## WORKING DATA
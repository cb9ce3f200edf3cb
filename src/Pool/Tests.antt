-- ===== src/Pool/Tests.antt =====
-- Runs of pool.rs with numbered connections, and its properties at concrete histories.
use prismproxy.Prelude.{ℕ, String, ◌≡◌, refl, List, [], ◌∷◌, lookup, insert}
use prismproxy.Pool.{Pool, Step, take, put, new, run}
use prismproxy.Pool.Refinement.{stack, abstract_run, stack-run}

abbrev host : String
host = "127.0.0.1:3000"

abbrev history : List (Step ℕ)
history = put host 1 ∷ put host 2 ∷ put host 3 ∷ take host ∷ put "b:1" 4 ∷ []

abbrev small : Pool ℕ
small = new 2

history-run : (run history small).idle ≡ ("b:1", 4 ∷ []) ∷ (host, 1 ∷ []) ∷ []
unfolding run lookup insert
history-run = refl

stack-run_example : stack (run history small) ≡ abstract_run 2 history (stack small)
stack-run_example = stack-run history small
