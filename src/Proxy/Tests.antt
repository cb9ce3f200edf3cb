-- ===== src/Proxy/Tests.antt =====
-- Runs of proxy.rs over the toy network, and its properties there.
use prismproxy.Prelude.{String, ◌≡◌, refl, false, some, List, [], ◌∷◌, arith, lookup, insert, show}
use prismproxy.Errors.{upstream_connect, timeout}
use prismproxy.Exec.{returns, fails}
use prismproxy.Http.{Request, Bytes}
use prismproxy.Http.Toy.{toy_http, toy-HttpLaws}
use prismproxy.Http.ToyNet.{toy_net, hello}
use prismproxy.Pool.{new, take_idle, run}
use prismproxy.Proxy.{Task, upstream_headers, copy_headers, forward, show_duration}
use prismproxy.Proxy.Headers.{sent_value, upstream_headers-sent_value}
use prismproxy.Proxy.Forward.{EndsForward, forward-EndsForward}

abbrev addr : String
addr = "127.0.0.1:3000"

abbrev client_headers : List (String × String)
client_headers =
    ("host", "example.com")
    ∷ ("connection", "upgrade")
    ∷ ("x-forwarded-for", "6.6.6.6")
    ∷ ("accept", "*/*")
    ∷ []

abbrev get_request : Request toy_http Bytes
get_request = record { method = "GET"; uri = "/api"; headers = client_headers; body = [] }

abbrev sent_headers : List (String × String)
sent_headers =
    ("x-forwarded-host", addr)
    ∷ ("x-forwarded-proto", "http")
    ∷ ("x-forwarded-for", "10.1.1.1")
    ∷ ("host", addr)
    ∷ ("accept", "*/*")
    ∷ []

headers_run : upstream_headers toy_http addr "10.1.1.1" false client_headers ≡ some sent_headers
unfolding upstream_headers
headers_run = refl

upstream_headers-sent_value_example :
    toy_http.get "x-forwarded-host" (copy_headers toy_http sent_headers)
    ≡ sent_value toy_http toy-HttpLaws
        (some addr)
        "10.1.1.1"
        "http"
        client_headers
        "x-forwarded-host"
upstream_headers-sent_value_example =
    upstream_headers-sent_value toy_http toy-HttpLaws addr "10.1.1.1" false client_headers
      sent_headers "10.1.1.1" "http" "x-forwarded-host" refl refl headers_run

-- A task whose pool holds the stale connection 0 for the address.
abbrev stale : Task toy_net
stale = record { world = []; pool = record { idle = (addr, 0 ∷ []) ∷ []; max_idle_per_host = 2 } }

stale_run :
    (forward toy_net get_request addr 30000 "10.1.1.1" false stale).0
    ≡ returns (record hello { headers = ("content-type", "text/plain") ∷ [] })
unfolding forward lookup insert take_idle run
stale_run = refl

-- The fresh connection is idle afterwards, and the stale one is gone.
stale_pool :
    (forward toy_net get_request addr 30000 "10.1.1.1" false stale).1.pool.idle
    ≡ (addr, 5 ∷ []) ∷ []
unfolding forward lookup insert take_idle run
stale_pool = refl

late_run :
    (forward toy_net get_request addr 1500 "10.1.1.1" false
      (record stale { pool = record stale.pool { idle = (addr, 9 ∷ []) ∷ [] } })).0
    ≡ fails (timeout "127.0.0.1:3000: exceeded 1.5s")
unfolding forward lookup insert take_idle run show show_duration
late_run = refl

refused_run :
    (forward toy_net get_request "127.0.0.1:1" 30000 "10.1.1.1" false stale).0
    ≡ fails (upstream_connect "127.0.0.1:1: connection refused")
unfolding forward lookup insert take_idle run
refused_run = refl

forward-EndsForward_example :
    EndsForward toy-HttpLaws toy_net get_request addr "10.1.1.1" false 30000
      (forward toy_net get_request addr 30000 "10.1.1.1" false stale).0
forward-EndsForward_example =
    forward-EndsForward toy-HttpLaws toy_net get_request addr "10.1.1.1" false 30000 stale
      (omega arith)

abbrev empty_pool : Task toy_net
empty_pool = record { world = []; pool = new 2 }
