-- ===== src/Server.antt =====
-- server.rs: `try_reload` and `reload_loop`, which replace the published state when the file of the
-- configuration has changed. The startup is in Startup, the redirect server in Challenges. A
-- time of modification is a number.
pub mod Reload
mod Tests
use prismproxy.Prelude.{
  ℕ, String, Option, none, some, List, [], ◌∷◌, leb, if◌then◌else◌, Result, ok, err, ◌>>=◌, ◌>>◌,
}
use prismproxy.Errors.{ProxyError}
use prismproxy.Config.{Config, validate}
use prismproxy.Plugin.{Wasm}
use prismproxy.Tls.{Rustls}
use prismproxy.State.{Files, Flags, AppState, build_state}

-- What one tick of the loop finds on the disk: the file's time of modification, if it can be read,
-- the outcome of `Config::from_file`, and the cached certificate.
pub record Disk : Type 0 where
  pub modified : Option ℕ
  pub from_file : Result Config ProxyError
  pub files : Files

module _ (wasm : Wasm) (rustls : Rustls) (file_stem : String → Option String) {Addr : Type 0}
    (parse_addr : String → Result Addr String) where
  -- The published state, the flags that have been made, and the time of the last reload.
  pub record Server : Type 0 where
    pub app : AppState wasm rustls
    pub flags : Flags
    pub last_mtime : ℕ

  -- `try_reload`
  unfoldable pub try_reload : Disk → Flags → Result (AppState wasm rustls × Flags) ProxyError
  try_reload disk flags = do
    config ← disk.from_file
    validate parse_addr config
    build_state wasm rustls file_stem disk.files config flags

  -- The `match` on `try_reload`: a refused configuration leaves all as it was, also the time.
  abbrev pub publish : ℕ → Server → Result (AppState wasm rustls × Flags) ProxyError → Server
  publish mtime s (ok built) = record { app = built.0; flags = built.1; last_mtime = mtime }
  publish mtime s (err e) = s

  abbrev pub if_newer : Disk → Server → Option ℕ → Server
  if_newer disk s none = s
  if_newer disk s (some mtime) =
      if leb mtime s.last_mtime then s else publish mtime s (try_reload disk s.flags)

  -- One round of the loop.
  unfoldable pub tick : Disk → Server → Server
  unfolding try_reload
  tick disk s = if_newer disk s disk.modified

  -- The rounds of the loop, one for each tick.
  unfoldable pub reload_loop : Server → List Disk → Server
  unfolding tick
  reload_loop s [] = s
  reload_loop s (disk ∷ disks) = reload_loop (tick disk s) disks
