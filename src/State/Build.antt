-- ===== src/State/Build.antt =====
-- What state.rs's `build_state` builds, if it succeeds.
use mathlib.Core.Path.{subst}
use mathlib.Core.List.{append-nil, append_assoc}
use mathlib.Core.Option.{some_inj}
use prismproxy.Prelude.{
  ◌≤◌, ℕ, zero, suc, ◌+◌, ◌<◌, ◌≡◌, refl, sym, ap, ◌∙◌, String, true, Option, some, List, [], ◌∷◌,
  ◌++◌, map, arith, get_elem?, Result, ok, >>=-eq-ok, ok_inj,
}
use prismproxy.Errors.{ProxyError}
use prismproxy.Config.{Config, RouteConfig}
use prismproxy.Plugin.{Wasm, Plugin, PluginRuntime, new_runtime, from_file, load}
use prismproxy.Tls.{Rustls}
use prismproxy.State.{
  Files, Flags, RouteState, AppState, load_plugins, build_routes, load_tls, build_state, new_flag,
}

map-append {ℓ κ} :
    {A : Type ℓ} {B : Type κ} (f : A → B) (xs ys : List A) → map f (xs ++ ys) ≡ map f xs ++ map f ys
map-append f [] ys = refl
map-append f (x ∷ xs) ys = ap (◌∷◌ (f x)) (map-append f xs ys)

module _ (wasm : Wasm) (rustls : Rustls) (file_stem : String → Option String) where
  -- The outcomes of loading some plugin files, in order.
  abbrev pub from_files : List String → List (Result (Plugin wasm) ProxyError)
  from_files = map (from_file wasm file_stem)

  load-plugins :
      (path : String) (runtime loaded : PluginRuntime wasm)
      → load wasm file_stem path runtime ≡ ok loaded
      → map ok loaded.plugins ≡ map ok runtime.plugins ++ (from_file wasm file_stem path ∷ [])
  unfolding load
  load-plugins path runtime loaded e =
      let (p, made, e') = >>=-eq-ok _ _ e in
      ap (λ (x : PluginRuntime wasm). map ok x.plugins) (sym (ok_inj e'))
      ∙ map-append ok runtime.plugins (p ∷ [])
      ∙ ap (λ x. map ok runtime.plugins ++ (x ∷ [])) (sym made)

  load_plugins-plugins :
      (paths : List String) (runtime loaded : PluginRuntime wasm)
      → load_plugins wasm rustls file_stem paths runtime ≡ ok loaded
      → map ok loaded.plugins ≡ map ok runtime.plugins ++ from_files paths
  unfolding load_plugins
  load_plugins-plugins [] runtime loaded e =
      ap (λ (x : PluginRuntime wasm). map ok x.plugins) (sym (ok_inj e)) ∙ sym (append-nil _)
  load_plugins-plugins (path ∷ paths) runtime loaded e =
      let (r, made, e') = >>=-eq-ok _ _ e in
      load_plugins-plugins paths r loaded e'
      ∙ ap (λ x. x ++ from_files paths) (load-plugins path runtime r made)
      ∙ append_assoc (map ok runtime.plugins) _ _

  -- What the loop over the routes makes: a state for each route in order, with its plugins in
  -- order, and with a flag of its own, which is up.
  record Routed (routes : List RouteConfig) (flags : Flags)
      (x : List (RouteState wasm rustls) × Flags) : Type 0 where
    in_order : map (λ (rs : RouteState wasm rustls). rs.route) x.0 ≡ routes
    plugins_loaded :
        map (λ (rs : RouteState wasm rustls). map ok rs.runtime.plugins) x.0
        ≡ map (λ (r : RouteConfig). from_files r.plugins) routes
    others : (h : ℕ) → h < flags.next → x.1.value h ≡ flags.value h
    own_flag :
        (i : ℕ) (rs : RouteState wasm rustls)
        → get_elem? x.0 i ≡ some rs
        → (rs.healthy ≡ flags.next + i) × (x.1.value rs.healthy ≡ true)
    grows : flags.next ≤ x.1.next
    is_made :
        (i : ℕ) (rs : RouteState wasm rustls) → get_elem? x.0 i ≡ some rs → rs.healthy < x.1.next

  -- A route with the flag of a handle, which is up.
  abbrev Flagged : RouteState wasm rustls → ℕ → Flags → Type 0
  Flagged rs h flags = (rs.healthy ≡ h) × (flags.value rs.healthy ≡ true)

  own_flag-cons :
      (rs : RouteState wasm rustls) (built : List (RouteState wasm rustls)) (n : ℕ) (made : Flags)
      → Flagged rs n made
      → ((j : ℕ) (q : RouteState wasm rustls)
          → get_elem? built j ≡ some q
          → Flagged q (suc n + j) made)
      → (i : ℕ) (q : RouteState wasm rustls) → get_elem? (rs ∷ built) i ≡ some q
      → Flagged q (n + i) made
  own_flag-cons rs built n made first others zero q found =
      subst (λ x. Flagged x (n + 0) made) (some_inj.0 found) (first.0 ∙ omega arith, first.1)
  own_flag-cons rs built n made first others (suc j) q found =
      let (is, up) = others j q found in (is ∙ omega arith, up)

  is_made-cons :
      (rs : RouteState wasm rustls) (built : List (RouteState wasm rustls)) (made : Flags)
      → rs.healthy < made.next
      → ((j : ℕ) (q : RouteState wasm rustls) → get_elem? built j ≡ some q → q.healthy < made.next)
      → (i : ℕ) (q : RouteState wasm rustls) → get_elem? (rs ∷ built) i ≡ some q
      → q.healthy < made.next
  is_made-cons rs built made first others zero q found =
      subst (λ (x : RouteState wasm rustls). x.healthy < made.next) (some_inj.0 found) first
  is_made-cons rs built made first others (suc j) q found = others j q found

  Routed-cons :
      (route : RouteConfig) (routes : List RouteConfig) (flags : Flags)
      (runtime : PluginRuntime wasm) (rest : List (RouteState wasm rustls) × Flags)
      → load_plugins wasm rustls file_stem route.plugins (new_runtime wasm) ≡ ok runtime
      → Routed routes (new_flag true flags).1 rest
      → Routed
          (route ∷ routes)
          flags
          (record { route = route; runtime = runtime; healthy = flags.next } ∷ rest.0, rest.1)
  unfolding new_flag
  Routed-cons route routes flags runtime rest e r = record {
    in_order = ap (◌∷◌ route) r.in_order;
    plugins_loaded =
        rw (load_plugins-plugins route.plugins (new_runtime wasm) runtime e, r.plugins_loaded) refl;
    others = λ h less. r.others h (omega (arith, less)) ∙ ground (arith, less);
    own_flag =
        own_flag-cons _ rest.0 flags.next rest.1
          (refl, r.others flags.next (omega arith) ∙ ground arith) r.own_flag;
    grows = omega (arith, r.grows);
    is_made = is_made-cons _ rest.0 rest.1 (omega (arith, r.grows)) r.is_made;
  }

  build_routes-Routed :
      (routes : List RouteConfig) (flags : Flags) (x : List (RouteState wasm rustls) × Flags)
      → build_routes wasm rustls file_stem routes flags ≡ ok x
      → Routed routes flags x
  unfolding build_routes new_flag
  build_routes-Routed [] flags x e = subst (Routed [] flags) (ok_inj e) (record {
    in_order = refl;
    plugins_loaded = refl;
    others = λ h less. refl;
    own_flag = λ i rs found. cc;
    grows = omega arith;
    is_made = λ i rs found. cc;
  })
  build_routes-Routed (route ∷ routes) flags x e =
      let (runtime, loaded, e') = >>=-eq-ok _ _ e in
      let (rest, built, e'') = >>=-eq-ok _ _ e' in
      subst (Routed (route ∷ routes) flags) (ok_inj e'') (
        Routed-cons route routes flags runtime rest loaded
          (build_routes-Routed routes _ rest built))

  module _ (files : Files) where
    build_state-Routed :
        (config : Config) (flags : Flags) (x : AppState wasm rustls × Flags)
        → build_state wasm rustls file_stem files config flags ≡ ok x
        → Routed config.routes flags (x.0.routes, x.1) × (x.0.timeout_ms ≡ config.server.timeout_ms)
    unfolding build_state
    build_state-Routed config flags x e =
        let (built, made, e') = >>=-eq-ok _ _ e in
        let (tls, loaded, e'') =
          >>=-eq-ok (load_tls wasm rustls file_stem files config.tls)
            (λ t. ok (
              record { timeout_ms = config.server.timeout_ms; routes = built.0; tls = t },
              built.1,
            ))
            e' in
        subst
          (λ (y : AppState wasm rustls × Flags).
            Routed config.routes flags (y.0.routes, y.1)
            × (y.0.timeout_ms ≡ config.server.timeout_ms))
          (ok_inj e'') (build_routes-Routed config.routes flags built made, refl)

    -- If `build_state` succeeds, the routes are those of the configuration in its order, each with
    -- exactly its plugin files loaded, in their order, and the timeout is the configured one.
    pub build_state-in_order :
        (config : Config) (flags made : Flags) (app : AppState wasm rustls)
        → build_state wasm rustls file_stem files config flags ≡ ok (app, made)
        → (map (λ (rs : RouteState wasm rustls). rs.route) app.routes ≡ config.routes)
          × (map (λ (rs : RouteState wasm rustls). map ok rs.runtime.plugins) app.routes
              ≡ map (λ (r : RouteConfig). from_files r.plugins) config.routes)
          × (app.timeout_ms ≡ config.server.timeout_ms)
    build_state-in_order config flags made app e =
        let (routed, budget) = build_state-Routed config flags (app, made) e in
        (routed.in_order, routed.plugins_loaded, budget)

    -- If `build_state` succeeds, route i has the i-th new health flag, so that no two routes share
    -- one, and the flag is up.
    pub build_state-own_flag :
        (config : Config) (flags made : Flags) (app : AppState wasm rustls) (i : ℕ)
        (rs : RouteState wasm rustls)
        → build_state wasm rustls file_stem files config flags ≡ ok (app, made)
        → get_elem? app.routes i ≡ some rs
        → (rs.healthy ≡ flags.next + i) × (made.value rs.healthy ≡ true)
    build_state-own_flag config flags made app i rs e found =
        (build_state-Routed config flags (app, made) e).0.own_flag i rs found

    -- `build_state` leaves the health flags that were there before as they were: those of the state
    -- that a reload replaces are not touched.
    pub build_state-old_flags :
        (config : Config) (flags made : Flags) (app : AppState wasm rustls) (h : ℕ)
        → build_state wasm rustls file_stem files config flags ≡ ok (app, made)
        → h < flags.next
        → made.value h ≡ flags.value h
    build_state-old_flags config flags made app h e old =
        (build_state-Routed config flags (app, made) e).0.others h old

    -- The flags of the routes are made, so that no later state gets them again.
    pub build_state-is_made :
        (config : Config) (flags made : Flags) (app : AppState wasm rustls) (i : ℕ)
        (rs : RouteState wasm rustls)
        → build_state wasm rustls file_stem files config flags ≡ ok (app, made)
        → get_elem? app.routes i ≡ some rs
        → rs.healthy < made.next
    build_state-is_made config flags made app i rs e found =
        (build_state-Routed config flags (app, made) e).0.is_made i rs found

## TASK BRIEF
Where a line in the material above holds "unfoldable", copy that line.

## TASK RESULT
  unfoldable pub try_reload : Disk → Flags → Result (AppState wasm rustls × Flags) ProxyError
  unfoldable pub tick : Disk → Server → Server
  unfoldable pub reload_loop : Server → List Disk → Server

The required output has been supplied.